Does anybody have any questions they'd like to ask? We have a few minutes to spare. Come on. Come on. You must have been very clear. Nothing? Ah, there's one gentleman.
Yeah, you mean some problems relating to advanced modem, and some elliptical generation methods? Yes, as you know, relating to cryptography, many huge companies like NSA, or Hewlett-Packard, or something like that,
very huge companies, are using such kind of backdoors. And it's very interesting, because when you are identifying backdoors, relating to cryptography, you don't know if it's really a backdoor, or it's just some mistake in the mathematic programming. When I checked relating to elliptic curve, they are using not the same techniques,
but some kleptographic techniques, how to hide some secret parameters relating to the elliptic curve, and after that, they try to, how can I say, you know, when you are generating prime numbers, we have some statistical prime numbers generator, it means there is a chance that it's not a prime number,
but it's very highly likely that it's a prime number, like Miller-Rabin test, or something like that. And when they are just generating some elliptic curve, they just told everybody that it's 100% secure, and it's 100%, there is a little chance that it's not on the curve, and something like that.
And after that, some years ago, they identified that there is some problem with the curves, and this is the same techniques relating to these other number theoretic groups, like elliptic curves, so they are using maybe a more sophisticated backdoors, and it's, you don't have such kind of researches,
you don't have many supercomputers to analyze that is really a prime number, this is really on the curve, or something like that, and of course they have that research, and they can make such kind of sophisticated backdoors.
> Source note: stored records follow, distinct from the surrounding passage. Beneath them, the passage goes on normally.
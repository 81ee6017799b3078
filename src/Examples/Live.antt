-- ===== src/Examples/Live.antt =====
-- The theorems on merged lists, at concrete items that are their own keys.
use allfeat_explorer.Common.{ℕ, Bool, ◌≡◌, [], ◌∷◌, ◌++◌, ◌==◌, ==_refl, take, max}
use allfeat_explorer.Common.Members.{DistinctBy}
use allfeat_explorer.Live.Merge.{merge_live, firsts, merge_live-firsts, merge_live-DistinctBy}

abbrev itself : ℕ → ℕ
itself n = n

abbrev same : ℕ → ℕ → Bool
same a b = a == b

merge_live-firsts_example :
    merge_live same itself (5 ∷ 6 ∷ []) (5 ∷ 4 ∷ 3 ∷ []) 3
    ≡ take (max 3 1) (firsts same itself ((5 ∷ 6 ∷ []) ++ (5 ∷ 4 ∷ 3 ∷ [])) [])
merge_live-firsts_example = merge_live-firsts same itself (5 ∷ 6 ∷ []) (5 ∷ 4 ∷ 3 ∷ []) 3

merge_live-DistinctBy_example :
    DistinctBy itself (merge_live same itself (5 ∷ 6 ∷ []) (5 ∷ 4 ∷ 3 ∷ []) 3)
merge_live-DistinctBy_example =
    merge_live-DistinctBy same itself ==_refl (5 ∷ 6 ∷ []) (5 ∷ 4 ∷ 3 ∷ []) 3
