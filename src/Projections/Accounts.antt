-- ===== src/Projections/Accounts.antt =====
-- src/indexer/projections/accounts.rs: `collect_touched`. Of an extrinsic only the signer is read; the
-- hash set is the list of what it holds.
use allfeat_explorer.Common.{
  Bool, true, false, ◌||◌, Option, none, some, List, [], ◌∷◌, ◌++◌, Bytes,
}
use allfeat_explorer.Common.Maps.{bytes_beq}

abbrev pub is_seen : Bytes → List Bytes → Bool
is_seen acct [] = false
is_seen acct (x ∷ xs) = bytes_beq x acct || is_seen acct xs

-- The set and the list that the closure `push` writes to.
pub record Touched : Type 0 where
  pub seen : List Bytes
  pub out : List Bytes

unfoldable pub push : Bytes → Touched → Touched
push acct t = elim (is_seen acct t.seen) [
  | true ↦ t
  | false ↦ record { seen = acct ∷ t.seen; out = t.out ++ acct ∷ [] }
]

unfoldable pub push_accounts : List Bytes → Touched → Touched
push_accounts [] t = t
push_accounts (acct ∷ accts) t = push_accounts accts (push acct t)

-- The loop over the signers of the extrinsics.
unfoldable pub push_signers : List (Option Bytes) → Touched → Touched
push_signers [] t = t
push_signers (none ∷ signers) t = push_signers signers t
push_signers (some signer ∷ signers) t = push_signers signers (push signer t)

unfoldable pub collect_touched : List Bytes → List (Option Bytes) → List Bytes
unfolding push_accounts push_signers
collect_touched from_events signers =
    (push_signers signers (push_accounts from_events (record { seen = []; out = [] }))).out
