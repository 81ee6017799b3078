-- ===== src/Projections/Touched.antt =====
-- src/indexer/projections/accounts.rs: the accounts that `collect_touched` gives.
use allfeat_explorer.Common.{
  ◌≡◌, ◌≢◌, ◌⊎◌, ◌↔◌, inl, inr, sym, subst, true, false, Option, none, some, List, [], ◌∷◌, ◌++◌,
  Bytes, arith, In, Bool-cases, All-append,
}
use allfeat_explorer.Common.Maps.{bytes_beq, bytes_beq_sound, bytes_beq_refl}
use allfeat_explorer.Common.Members.{DistinctBy, In-left, In-right, In-append}
use allfeat_explorer.Projections.Accounts.{
  is_seen, Touched, push, push_accounts, push_signers, collect_touched,
}

is_seen-In : (acct : Bytes) (xs : List Bytes) → is_seen acct xs ≡ true → In acct xs
is_seen-In acct [] h = cc
is_seen-In acct (x ∷ xs) h = elim (Bool-cases (bytes_beq x acct)) [
  | inl e ↦ inl (sym (bytes_beq_sound x acct e))
  | inr e ↦ inr (is_seen-In acct xs (ground arith))
]

is_seen-absent : (acct : Bytes) (xs : List Bytes) → is_seen acct xs ≡ false → In acct xs → ⊥
is_seen-absent acct [] h i = i
is_seen-absent acct (x ∷ xs) h (inl e) =
    let hit : bytes_beq x acct ≡ true =
      subst (λ y. bytes_beq y acct ≡ true) e (bytes_beq_refl acct) in
    ground arith
is_seen-absent acct (x ∷ xs) h (inr i) = is_seen-absent acct xs (ground arith) i

-- The list holds the accounts of the set, each once.
record IsOnce (t : Touched) : Type 0 where
  once : DistinctBy (λ (a : Bytes). a) t.out
  listed : (a : Bytes) → In a t.out → In a t.seen
  noted : (a : Bytes) → In a t.seen → In a t.out

DistinctBy-snoc :
    (xs : List Bytes) (a : Bytes)
    → DistinctBy (λ (x : Bytes). x) xs
    → (In a xs → ⊥)
    → DistinctBy (λ (x : Bytes). x) (xs ++ a ∷ [])
DistinctBy-snoc [] a d n = (tt, tt)
DistinctBy-snoc (x ∷ xs) a (ne, d) n = (
  All-append (λ y. y ≢ x) xs (a ∷ []) ne ((λ e. n (inl e)), tt),
  DistinctBy-snoc xs a d (λ i. n (inr i)),
)

push-held : (acct : Bytes) (t : Touched) → is_seen acct t.seen ≡ true → push acct t ≡ t
unfolding push
push-held acct t h = ground arith

push-new :
    (acct : Bytes) (t : Touched)
    → is_seen acct t.seen ≡ false
    → push acct t ≡ record { seen = acct ∷ t.seen; out = t.out ++ acct ∷ [] }
unfolding push
push-new acct t h = ground arith

push-IsOnce : (acct : Bytes) (t : Touched) → IsOnce t → IsOnce (push acct t)
push-IsOnce acct t h = elim (Bool-cases (is_seen acct t.seen)) [
  | inl e ↦ subst IsOnce (sym (push-held acct t e)) h
  | inr e ↦ subst IsOnce (sym (push-new acct t e)) (record {
    once = DistinctBy-snoc t.out acct h.once (λ i. is_seen-absent acct t.seen e (h.listed acct i));
    listed = λ a i. elim (In-append a t.out (acct ∷ []) i) [
      | inl j ↦ inr (h.listed a j)
      | inr j ↦ elim j [ inl same ↦ inl same | inr none_left ↦ absurd none_left ]
    ];
    noted = λ a i. elim i [
      | inl same ↦ In-right a t.out (acct ∷ []) (inl same)
      | inr j ↦ In-left a t.out (acct ∷ []) (h.noted a j)
    ];
  })
]

push-seen : (acct a : Bytes) (t : Touched) → In a (push acct t).seen ↔ ((a ≡ acct) ⊎ In a t.seen)
push-seen acct a t = elim (Bool-cases (is_seen acct t.seen)) [
  | inr e ↦
      subst (λ (u : Touched). In a u.seen ↔ ((a ≡ acct) ⊎ In a t.seen)) (sym (push-new acct t e))
        ((λ i. i), (λ i. i))
  | inl e ↦
      subst (λ (u : Touched). In a u.seen ↔ ((a ≡ acct) ⊎ In a t.seen)) (sym (push-held acct t e))
        (
          (λ i. inr i),
          λ i. elim i [
            | inl same ↦ subst (λ b. In b t.seen) (sym same) (is_seen-In acct t.seen e)
            | inr j ↦ j
          ],
        )
]

accounts-IsOnce : (xs : List Bytes) (t : Touched) → IsOnce t → IsOnce (push_accounts xs t)
unfolding push_accounts
accounts-IsOnce [] t h = h
accounts-IsOnce (x ∷ xs) t h = accounts-IsOnce xs (push x t) (push-IsOnce x t h)

signers-IsOnce : (xs : List (Option Bytes)) (t : Touched) → IsOnce t → IsOnce (push_signers xs t)
unfolding push_signers
signers-IsOnce [] t h = h
signers-IsOnce (none ∷ xs) t h = signers-IsOnce xs t h
signers-IsOnce (some x ∷ xs) t h = signers-IsOnce xs (push x t) (push-IsOnce x t h)

accounts-seen :
    (xs : List Bytes) (a : Bytes) (t : Touched)
    → In a (push_accounts xs t).seen ↔ (In a xs ⊎ In a t.seen)
unfolding push_accounts
accounts-seen [] a t = ((λ i. inr i), λ i. elim i [ inl j ↦ absurd j | inr j ↦ j ])
accounts-seen (x ∷ xs) a t =
    let (there, back) = accounts-seen xs a (push x t) in
    let (apart, joined) = push-seen x a t in
    (
      λ i. elim (there i) [
        | inl j ↦ inl (inr j)
        | inr j ↦ elim (apart j) [ inl same ↦ inl (inl same) | inr k ↦ inr k ]
      ],
      λ i. elim i [
        | inl j ↦ elim j [ inl same ↦ back (inr (joined (inl same))) | inr k ↦ back (inl k) ]
        | inr j ↦ back (inr (joined (inr j)))
      ],
    )

-- An account signs an extrinsic.
abbrev pub Signs : Bytes → List (Option Bytes) → Type 0
Signs a [] = ⊥
Signs a (none ∷ xs) = Signs a xs
Signs a (some x ∷ xs) = (a ≡ x) ⊎ Signs a xs

signers-seen :
    (xs : List (Option Bytes)) (a : Bytes) (t : Touched)
    → In a (push_signers xs t).seen ↔ (Signs a xs ⊎ In a t.seen)
unfolding push_signers
signers-seen [] a t = ((λ i. inr i), λ i. elim i [ inl j ↦ absurd j | inr j ↦ j ])
signers-seen (none ∷ xs) a t = signers-seen xs a t
signers-seen (some x ∷ xs) a t =
    let (there, back) = signers-seen xs a (push x t) in
    let (apart, joined) = push-seen x a t in
    (
      λ i. elim (there i) [
        | inl j ↦ inl (inr j)
        | inr j ↦ elim (apart j) [ inl same ↦ inl (inl same) | inr k ↦ inr k ]
      ],
      λ i. elim i [
        | inl j ↦ elim j [ inl same ↦ back (inr (joined (inl same))) | inr k ↦ back (inl k) ]
        | inr j ↦ back (inr (joined (inr j)))
      ],
    )

-- The accounts that a block touches are listed each once, and they are exactly those of its events and
-- the signers of its extrinsics.
pub collect_touched-exact :
    (from_events : List Bytes) (signers : List (Option Bytes))
    → DistinctBy (λ (a : Bytes). a) (collect_touched from_events signers)
      × ((a : Bytes)
          → In a (collect_touched from_events signers) ↔ (In a from_events ⊎ Signs a signers))
unfolding collect_touched
collect_touched-exact from_events signers =
    let start : Touched = record { seen = []; out = [] } in
    let middle = push_accounts from_events start in
    let held = signers-IsOnce signers middle (
      accounts-IsOnce from_events start
        (record { once = tt; listed = λ a i. i; noted = λ a i. i })) in
    (
      held.once,
      λ a.
          let (there, back) = signers-seen signers a middle in
          let (from_there, from_back) = accounts-seen from_events a start in
          (
            λ i. elim (there (held.listed a i)) [
              | inl j ↦ inr j
              | inr j ↦ elim (from_there j) [ inl k ↦ inl k | inr k ↦ absurd k ]
            ],
            λ i.
                held.noted a
                  (elim i [ inl j ↦ back (inr (from_back (inl j))) | inr j ↦ back (inl j) ]),
          ),
    )
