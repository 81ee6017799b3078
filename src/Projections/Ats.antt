-- ===== src/Projections/Ats.antt =====
-- src/indexer/projections/ats.rs: `project`, which turns the decoded ATS events of a block into rows and
-- operations. The extrinsics, which the code does not read, are left out.
use allfeat_explorer.Common.{ℕ, ◌+◌, Bool, true, false, ◌&&◌, List, [], ◌∷◌, ◌++◌, Bytes, min}
use allfeat_explorer.Decimal.{u32_max}

pub record AtsRegistryRow : Type 0 where
  pub id : ℕ
  pub owner : Bytes
  pub created_block : ℕ
  pub created_ext_idx : ℕ
  pub version_count : ℕ

pub record AtsVersionRow : Type 0 where
  pub ats_id : ℕ
  pub version : ℕ
  pub block_num : ℕ
  pub ext_idx : ℕ
  pub commitment : Bytes
  pub protocol_version : ℕ

pub record AtsVersionCountBump : Type 0 where
  pub ats_id : ℕ
  pub version_count : ℕ

pub record AtsOps : Type 0 where
  pub registry_inserts : List AtsRegistryRow
  pub version_inserts : List AtsVersionRow
  pub version_count_bumps : List AtsVersionCountBump
  pub revocations : List ℕ

abbrev pub no_ops : AtsOps
no_ops = record {
  registry_inserts = [];
  version_inserts = [];
  version_count_bumps = [];
  revocations = [];
}

abbrev pub is_nil : {A : Type 0} → List A → Bool
is_nil [] = true
is_nil (x ∷ xs) = false

unfoldable pub is_empty : AtsOps → Bool
is_empty ops =
    is_nil ops.registry_inserts
    && (is_nil ops.version_inserts && (is_nil ops.version_count_bumps && is_nil ops.revocations))

-- `created ats_id owner commitment protocol_version`, `updated ats_id version commitment
-- protocol_version` and `revoked ats_id`.
pub data DecodedAtsEvent : Type 0 where
  created : ℕ → Bytes → Bytes → ℕ → DecodedAtsEvent
  updated : ℕ → ℕ → Bytes → ℕ → DecodedAtsEvent
  revoked : ℕ → DecodedAtsEvent

unfoldable pub version_row : ℕ → ℕ → ℕ → ℕ → Bytes → ℕ → AtsVersionRow
version_row block_num ext_idx ats_id version commitment protocol_version = record {
  ats_id = ats_id;
  version = version;
  block_num = block_num;
  ext_idx = ext_idx;
  commitment = commitment;
  protocol_version = protocol_version;
}

-- One round of the loop.
unfoldable pub project_event : ℕ → ℕ → DecodedAtsEvent → AtsOps → AtsOps
unfolding version_row
project_event block_num ext_idx (created ats_id owner commitment protocol_version) ops =
    record ops {
      registry_inserts =
          ops.registry_inserts
          ++ (record {
            id = ats_id;
            owner = owner;
            created_block = block_num;
            created_ext_idx = ext_idx;
            version_count = 1;
          })
            ∷ [];
      version_inserts =
          ops.version_inserts
          ++ version_row block_num ext_idx ats_id 0 commitment protocol_version ∷ [];
    }
project_event block_num ext_idx (updated ats_id version commitment protocol_version) ops =
    record ops {
      version_inserts =
          ops.version_inserts
          ++ version_row block_num ext_idx ats_id version commitment protocol_version ∷ [];
      version_count_bumps =
          ops.version_count_bumps
          ++ (record { ats_id = ats_id; version_count = min (version + 1) u32_max }) ∷ [];
    }
project_event block_num ext_idx (revoked ats_id) ops = record ops {
  revocations = ops.revocations ++ ats_id ∷ [];
}

unfoldable pub project_events : List (ℕ × DecodedAtsEvent) → ℕ → AtsOps → AtsOps
unfolding project_event
project_events [] block_num ops = ops
project_events ((ext_idx, evt) ∷ decoded) block_num ops =
    project_events decoded block_num (project_event block_num ext_idx evt ops)

unfoldable pub project : List (ℕ × DecodedAtsEvent) → ℕ → AtsOps
unfolding project_events
project decoded block_num = project_events decoded block_num no_ops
As I mentioned to you, my computer takes 8 minutes to reconstruct from the public key, the private key,
it means I can choose a larger number, and it takes 8 days. So when you are trying to factorize, after one day, after two days, you just finish it, okay, it's a very secure number. However, if you try to run more than 8 days, you will find the factors. So this is the same. If you don't have enough researches to find some curves on the elliptic curves,
and find some secret parameters, you think that everything is secure on this random number generation. However, after that, everybody tried to find the secret parameters, and everybody tried to calculate everything, after that they found and realized that there is some problem with the random number generator.
Okay, thank you very much. Thank you very much.